The asymmetry is measured both during the pulse and afterwards. For a a general spin relaxation function :math:`f(t)` the time evolution of the asymmetry is then given by [`Z. Salman, et al., PRL 96, 147601 (2006) <http://dx.doi.org/10.1103/PhysRevLett.96.147601>`_]:
.. index:: SLR
.. _SLR:
.. math::
P(t) = \left\{\begin{matrix}
\frac{\int_0^t e^{-(t-t')/\tau_{\mathrm{Li}}}f(t-t')dt'}{\int_0^t e^{-t'/\tau_{\mathrm{Li}}}dt' } & t\leq t_0\\[6pt]
\frac{\int_0^{t_0}e^{-(t_0-t')/\tau_{\mathrm{Li}}}f(t-t')dt'}{\int_0^{t_0}e^{-t'/\tau_{\mathrm{Li}}}dt'} & t> t_0,
\end{matrix}\right.
where :math:`\tau_{\mathrm{Li}}=1.21`\ s is the :math:`^8`\ Li lifetime.
Functions
^^^^^^^^^^^^
The ``libLineProfile`` library currently contains the following functions:
.. index:: ExpRlx
**Exponential relaxation**
::
userFcn libBNMR ExpRlx 1 2
The parameters are:
#. pulse length :math:`t_0` (ms)
#. relaxation rate :math:`\sigma` (ms\ :math:`^{-1}`\ )
This function implements :math:`f(t)=e^{-\sigma t}`.
.. index:: SExpRlx
**Stretched exponential relaxation**
::
userFcn libBNMR SExpRlx 1 2 3
The parameters are:
#. pulse length :math:`t_0` (ms)
#. relaxation rate :math:`\sigma` (ms\ :math:`^{-1}`\ )

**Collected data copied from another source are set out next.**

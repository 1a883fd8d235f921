-- ===== src/Api/Places.antt =====
-- GetPlace, CreatePlace and PatchPlaceAccessibility of cmd/api/main.go, with internal/audit/audit.go.
-- The calls of gorm are the parameter `Store`; the writes of a profile are those of
-- internal/place/repository.go, over `Tx` and `Json`.
pub mod Shown
pub mod Verified
pub mod Created
mod Tests
use Prim.Native.String
use inwheel_api.Common.{
  ℕ, String, ◌==◌, Bool, true, false, Option, none, some, List, [], ◌∷◌, if◌then◌else◌,
}
use inwheel_api.Common.Result.{
  Error, message, place_not_found, invalid_patch, unique_violation, wrap, Result, ok, err, Exec,
}
use inwheel_api.Models.{Time, Place, AccessibilityProfile}
use inwheel_api.A11y.{with_audit_flags, compute_effective_profile}
use inwheel_api.Profiles.{Lookup, row, missing, failed, Tx, Json, Upserted, upsert_profile}
use inwheel_api.Validation.{FieldError, place, accessibility_profile}

-- A row of write_logs; the id and the time are filled in by the database.
pub record WriteLog : Type 0 where
  pub target_table : String
  pub record_id : String
  pub api_key_id : Option String
  pub action : String

pub record Store (S : Type 0) : Type 0 where
  -- Preload("Accessibility").First(&place, "id = ?", id)
  pub first_place : String → S → Lookup Place × S
  -- Create(&place), with its profile; the generated columns are filled in
  pub create_row : Place → Exec S Place
  -- Create(&entry)
  pub create_log : WriteLog → S → Result (Unit {0}) × S

pub data PlaceResponse : Type 0 where
  -- 200 and 201
  shown : Place → PlaceResponse
  -- 400
  invalid : List FieldError → PlaceResponse
  -- 404
  not_found : PlaceResponse

pub data ProfileResponse : Type 0 where
  -- 200
  patched : AccessibilityProfile → ProfileResponse
  -- 400
  invalid_profile : List FieldError → ProfileResponse
  -- 404
  no_place : ProfileResponse

-- the pointer to a key's id, which the empty text does not have
abbrev key_of : String → Option String
key_of key_id = if key_id == "" then none else some key_id

-- errors.Is(err, ErrPlaceNotFound) and errors.Is(err, ErrInvalidPatch)
is_place_not_found : Error → Bool
is_place_not_found (message s) = false
is_place_not_found place_not_found = true
is_place_not_found invalid_patch = false
is_place_not_found unique_violation = false
is_place_not_found (wrap s e) = is_place_not_found e

is_invalid_patch : Error → Bool
is_invalid_patch (message s) = false
is_invalid_patch place_not_found = false
is_invalid_patch invalid_patch = true
is_invalid_patch unique_violation = false
is_invalid_patch (wrap s e) = is_invalid_patch e

-- what CreatePlace sets on the body
abbrev submitted_profile : Time → String → AccessibilityProfile → AccessibilityProfile
submitted_profile now key_id p = with_audit_flags (record p {
  updated_at = now;
  submitted_by = if key_id == "" then p.submitted_by else some key_id;
  user_verified = if key_id == "" then p.user_verified else true;
  submitted_at = some now;
})

unfoldable pub submitted : Time → String → Place → Place
submitted now key_id p = record p {
  submitted_by = if key_id == "" then p.submitted_by else some key_id;
  submitted_at = some now;
  accessibility = elim p.accessibility [
    | none ↦ none
    | some profile ↦ some (submitted_profile now key_id profile)
  ];
}

-- the function that PatchPlaceAccessibility gives to UpsertProfile
unfoldable pub prepare_patch : Time → String → AccessibilityProfile → AccessibilityProfile
prepare_patch now key_id p =
    let flagged = with_audit_flags p in
    record flagged {
      submitted_by = if key_id == "" then flagged.submitted_by else some key_id;
      user_verified = if key_id == "" then flagged.user_verified else true;
      submitted_at = some now;
    }

module _ {S : Type 0} (store : Store S) where
  open store use {first_place, create_row, create_log}

  -- audit.Log: an error is logged and dropped
  unfoldable pub log : String → String → String → String → S → S
  log target_table record_id api_key_id action s =
      (create_log
        record {
          target_table = target_table;
          record_id = record_id;
          api_key_id = key_of api_key_id;
          action = action;
        }
        s).1

  -- effective.PlaceID = place.ID
  with_place_id : Place → Option AccessibilityProfile → Place
  with_place_id p none = record p { accessibility = none }
  with_place_id p (some effective) = record p {
    accessibility = some (record effective { place_id = p.id });
  }

  with_parent : Place → Lookup Place × S → Result PlaceResponse × S
  unfolding with_place_id
  with_parent p (row parent, s) =
      (ok (shown (with_place_id p (compute_effective_profile (some p) (some parent)))), s)
  with_parent p (missing, s) = (ok (shown p), s)
  with_parent p (failed e, s) = (ok (shown p), s)

  parent_of : Place → Option String → S → Result PlaceResponse × S
  unfolding with_parent
  parent_of p none s = (ok (shown p), s)
  parent_of p (some parent_id) s = with_parent p (first_place parent_id s)

  found_place : Lookup Place × S → Result PlaceResponse × S
  unfolding parent_of
  found_place (missing, s) = (ok not_found, s)
  found_place (failed e, s) = (err e, s)
  found_place (row p, s) = parent_of p p.parent_id s

  unfoldable pub get_place : String → S → Result PlaceResponse × S
  unfolding found_place
  get_place id s = found_place (first_place id s)

  log_profile : String → Option AccessibilityProfile → S → S
  unfolding log
  log_profile key_id none s = s
  log_profile key_id (some profile) s = log "accessibility_profiles" profile.id key_id "create" s

  created_place : String → Result Place × S → Result PlaceResponse × S
  unfolding log_profile log
  created_place key_id (err e, s) = (err e, s)
  created_place key_id (ok p, s) =
      (ok (shown p), log_profile key_id p.accessibility (log "places" p.id key_id "create" s))

  checked_place : Time → String → Place → List FieldError → S → Result PlaceResponse × S
  unfolding created_place submitted
  checked_place now key_id p (e ∷ es) s = (ok (invalid (e ∷ es)), s)
  checked_place now key_id p [] s = created_place key_id (create_row (submitted now key_id p) s)

  -- CreatePlace; `key_id` is that of the context
  unfoldable pub create_place :
      (String → String) → Time → String → Place → S → Result PlaceResponse × S
  unfolding checked_place
  create_place quote now key_id body s = checked_place now key_id body (place quote (some body)) s

  module _ (error_text : Error → String) where
    upserted : String → Result Upserted × S → Result ProfileResponse × S
    unfolding log is_place_not_found is_invalid_patch
    upserted key_id (err e, s) =
        if is_place_not_found e
        then (ok no_place, s)
        else if is_invalid_patch e
        then (ok (invalid_profile (record { field = "body"; reason = error_text e } ∷ [])), s)
        else (err e, s)
    upserted key_id (ok (profile, created), s) = (
      ok (patched profile),
      log "accessibility_profiles" profile.id key_id (if created then "create" else "update") s,
    )

    patched_profile :
        Tx S
        → Json
        → Time
        → (ℕ → Time)
        → String
        → String
        → String
        → List FieldError
        → S
        → Result ProfileResponse × S
    unfolding upserted
    patched_profile tx json now attempts id key_id raw_patch (e ∷ es) s =
        (ok (invalid_profile (e ∷ es)), s)
    patched_profile tx json now attempts id key_id raw_patch [] s =
        upserted key_id
          (upsert_profile tx json (some (prepare_patch now key_id)) attempts id raw_patch s)

    -- PatchPlaceAccessibility: the body is decoded, and also kept as it came. `attempts` are the times
    -- that UpsertProfile reads.
    unfoldable pub patch_place_accessibility :
        Tx S
        → Json
        → Time
        → (ℕ → Time)
        → String
        → String
        → String
        → Option AccessibilityProfile
        → S
        → Result ProfileResponse × S
    unfolding patched_profile
    patch_place_accessibility tx json now attempts id key_id raw_patch body s =
        patched_profile tx json now attempts id key_id raw_patch (accessibility_profile body) s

#. stretching exponent :math:`\beta`
This function implements :math:`f(t)=e^{-(\sigma t)^{\beta}}`.
.. index:: libLineProfile
libLineProfile
+++++++++++++++++
In addition to some simple line shapes ``libLineProfile`` contains functions to fit chemical shift anisotropies in the powder average.

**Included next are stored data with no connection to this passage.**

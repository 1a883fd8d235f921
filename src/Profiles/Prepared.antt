-- ===== src/Profiles/Prepared.antt =====
-- What the function `prepare` of UpsertProfile sees to holds of the profile that is returned.
use inwheel_api.Common.{ℕ, String, ◌≡◌, Option, none, some, Bool-cases, inl, inr}
use inwheel_api.Common.Result.{Error, Result, ok, err, Result-cases, Exec, is_unique_violation}
use inwheel_api.Models.{Time, AccessibilityProfile}
use inwheel_api.Profiles.{
  Lookup, row, missing, failed, Tx, Json, Upserted, committed, closed, transaction, existing_json,
  merged_of, prepared, created_result, updated_result, write, merge_and_write, after_load,
  after_place, upsert_profile_attempt, retried, upsert_profile,
}

-- P of what a call returns, where it returns no error.
abbrev pub OnOk : {A : Type 0} → (A → Type 0) → Result A → Type 0
OnOk P (ok a) = P a
OnOk P (err e) = Unit

-- Create fills in the id and nothing else.
abbrev pub KeepsColumns : {S : Type 0} → Tx S → Type 0
KeepsColumns tx =
    (p : AccessibilityProfile) (s : _)
    → OnOk (λ p'. p' ≡ record p { id = p'.id }) (tx.create_profile p s).0

module _ {S : Type 0} (tx : Tx S) (json : Json)
    (prepare : AccessibilityProfile → AccessibilityProfile) (P : AccessibilityProfile → Type 0)
    (keeps : KeepsColumns tx)
    (holds : (p : AccessibilityProfile) (now : Time) → P (record (prepare p) { updated_at = now }))
    (place_id_free : (p : AccessibilityProfile) (place_id : String)
      → P p
      → P (record p { place_id = place_id }))
    (id_free : (p : AccessibilityProfile) (id : String) → P p → P (record p { id = id })) where
  Prepared : Result Upserted → Type 0
  Prepared r = OnOk (λ u. P u.0) r

  module _ (now : Time) where
    created_result-Prepared :
        (p : AccessibilityProfile) (r : Result AccessibilityProfile) (s : S)
        → P p
        → OnOk (λ p'. p' ≡ record p { id = p'.id }) r
        → Prepared (created_result tx json (some prepare) now (r, s)).0
    unfolding created_result Prepared
    created_result-Prepared p (ok p') s h k = rw k (id_free p p'.id h)
    created_result-Prepared p (err e) s h k = tt

    updated_result-Prepared :
        (p : AccessibilityProfile) (r : Result ℕ) (s : S)
        → P p
        → Prepared (updated_result tx json (some prepare) now p (r, s)).0
    unfolding updated_result Prepared
    updated_result-Prepared p (ok n) s h = h
    updated_result-Prepared p (err e) s h = tt

    write-Prepared :
        (place_id : String) (o : Option AccessibilityProfile) (p : AccessibilityProfile) (s : S)
        → P p
        → Prepared (write tx json (some prepare) now place_id o p s).0
    unfolding write
    write-Prepared place_id none p s h =
        let q : AccessibilityProfile = record p { place_id = place_id } in
        created_result-Prepared q (tx.create_profile q s).0 (tx.create_profile q s).1
          (place_id_free p place_id h) (keeps q s)
    write-Prepared place_id (some existing) p s h =
        updated_result-Prepared p (tx.update_profile existing p s).0
          (tx.update_profile existing p s).1 h

    merge_and_write-Prepared :
        (place_id raw_patch : String) (o : Option AccessibilityProfile) (r : Result String) (s : S)
        → Prepared (merge_and_write tx json (some prepare) now place_id raw_patch o r s).0
    unfolding merge_and_write prepared Prepared
    merge_and_write-Prepared place_id raw_patch o (err e) s = tt
    merge_and_write-Prepared place_id raw_patch o (ok b) s =
        elim (Result-cases (merged_of tx json (some prepare) now raw_patch b)) [
          | inr (e, x) ↦ rw (merge_and_write, x) tt
          | inl (p, x) ↦
              rw (merge_and_write, x)
                (write-Prepared place_id o (record (prepare p) { updated_at = now }) s
                  (holds p now))
        ]

    after_load-Prepared :
        (place_id raw_patch : String) (l : Lookup AccessibilityProfile) (s : S)
        → Prepared (after_load tx json (some prepare) now place_id raw_patch (l, s)).0
    unfolding after_load Prepared
    after_load-Prepared place_id raw_patch (failed e) s = tt
    after_load-Prepared place_id raw_patch missing s =
        merge_and_write-Prepared place_id raw_patch none
          (existing_json tx json (some prepare) now none) s
    after_load-Prepared place_id raw_patch (row existing) s =
        merge_and_write-Prepared place_id raw_patch (some existing)
          (existing_json tx json (some prepare) now (some existing)) s

    after_place-Prepared :
        (place_id raw_patch : String) (l : Lookup (Unit {0})) (s : S)
        → Prepared (after_place tx json (some prepare) now place_id raw_patch (l, s)).0
    unfolding after_place Prepared
    after_place-Prepared place_id raw_patch (failed e) s = tt
    after_place-Prepared place_id raw_patch missing s = tt
    after_place-Prepared place_id raw_patch (row u) s =
        after_load-Prepared place_id raw_patch (tx.lock_profile place_id s).0
          (tx.lock_profile place_id s).1

    committed-Prepared :
        (s : S) (u : Upserted) (r : Option Error × S) → P u.0 → Prepared (committed tx s u r).0
    unfolding committed Prepared
    committed-Prepared s u (none, s') h = h
    committed-Prepared s u (some e, s') h = tt

    closed-Prepared :
        (s : S) (r : Result Upserted) (s' : S) → Prepared r → Prepared (closed tx s (r, s')).0
    unfolding closed Prepared
    closed-Prepared s (ok u) s' h = committed-Prepared s u (tx.commit s') h
    closed-Prepared s (err e) s' h = tt

    upsert_profile_attempt-Prepared :
        (place_id raw_patch : String) (s : S)
        → Prepared (upsert_profile_attempt tx json (some prepare) now place_id raw_patch s).0
    unfolding upsert_profile_attempt transaction
    upsert_profile_attempt-Prepared place_id raw_patch s =
        let (l, s') = tx.first_place place_id s in
        let r = after_place tx json (some prepare) now place_id raw_patch (l, s') in
        closed-Prepared s r.0 r.1 (after_place-Prepared place_id raw_patch l s')

  retried-Prepared :
      (next : Exec S Upserted) (r : Result Upserted) (s : S)
      → ((s' : S) → Prepared (next s').0)
      → Prepared r
      → Prepared (retried next (r, s)).0
  unfolding retried Prepared
  retried-Prepared next (ok u) s f h = h
  retried-Prepared next (err e) s f h = elim (Bool-cases (is_unique_violation e)) [
    | inl x ↦ rw x (f s)
    | inr x ↦ rw x tt
  ]

  -- What holds of every prepared profile, whatever its times and ids, holds of the profile that
  -- UpsertProfile returns.
  pub upsert_profile-prepared :
      (now : ℕ → Time) (place_id raw_patch : String) (s : S)
      → OnOk (λ u. P u.0) (upsert_profile tx json (some prepare) now place_id raw_patch s).0
  unfolding upsert_profile Prepared
  upsert_profile-prepared now place_id raw_patch s =
      let first = upsert_profile_attempt tx json (some prepare) (now 0) place_id raw_patch s in
      retried-Prepared (upsert_profile_attempt tx json (some prepare) (now 1) place_id raw_patch)
        first.0 first.1 (upsert_profile_attempt-Prepared (now 1) place_id raw_patch)
        (upsert_profile_attempt-Prepared (now 0) place_id raw_patch s)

Their functional form can be found in `M. Mehring, Principles of High Resolution NMR in Solids (Springer 1983) <http://dx.doi.org/10.1007/978-3-642-68756-3_2>`_.
For an axially symmetric interaction it is given by:
.. index:: Iax
.. _Iax:
.. math::
I_{\mathrm ax}(f)=\left\{\begin{matrix} \frac{1}{2\sqrt{(f_\parallel-f_\perp)(f-f_\perp)}}& f\in(f_\perp,f_\parallel)\cup(f_\parallel,f_\perp)\\[6pt] 0 & \text{otherwise}\end{matrix} \right.
where :math:`f_\parallel` and :math:`f_\perp` are the frequencies that would be observed if the field is oriented paralell or perpendicular to the symmetry axis, respectively.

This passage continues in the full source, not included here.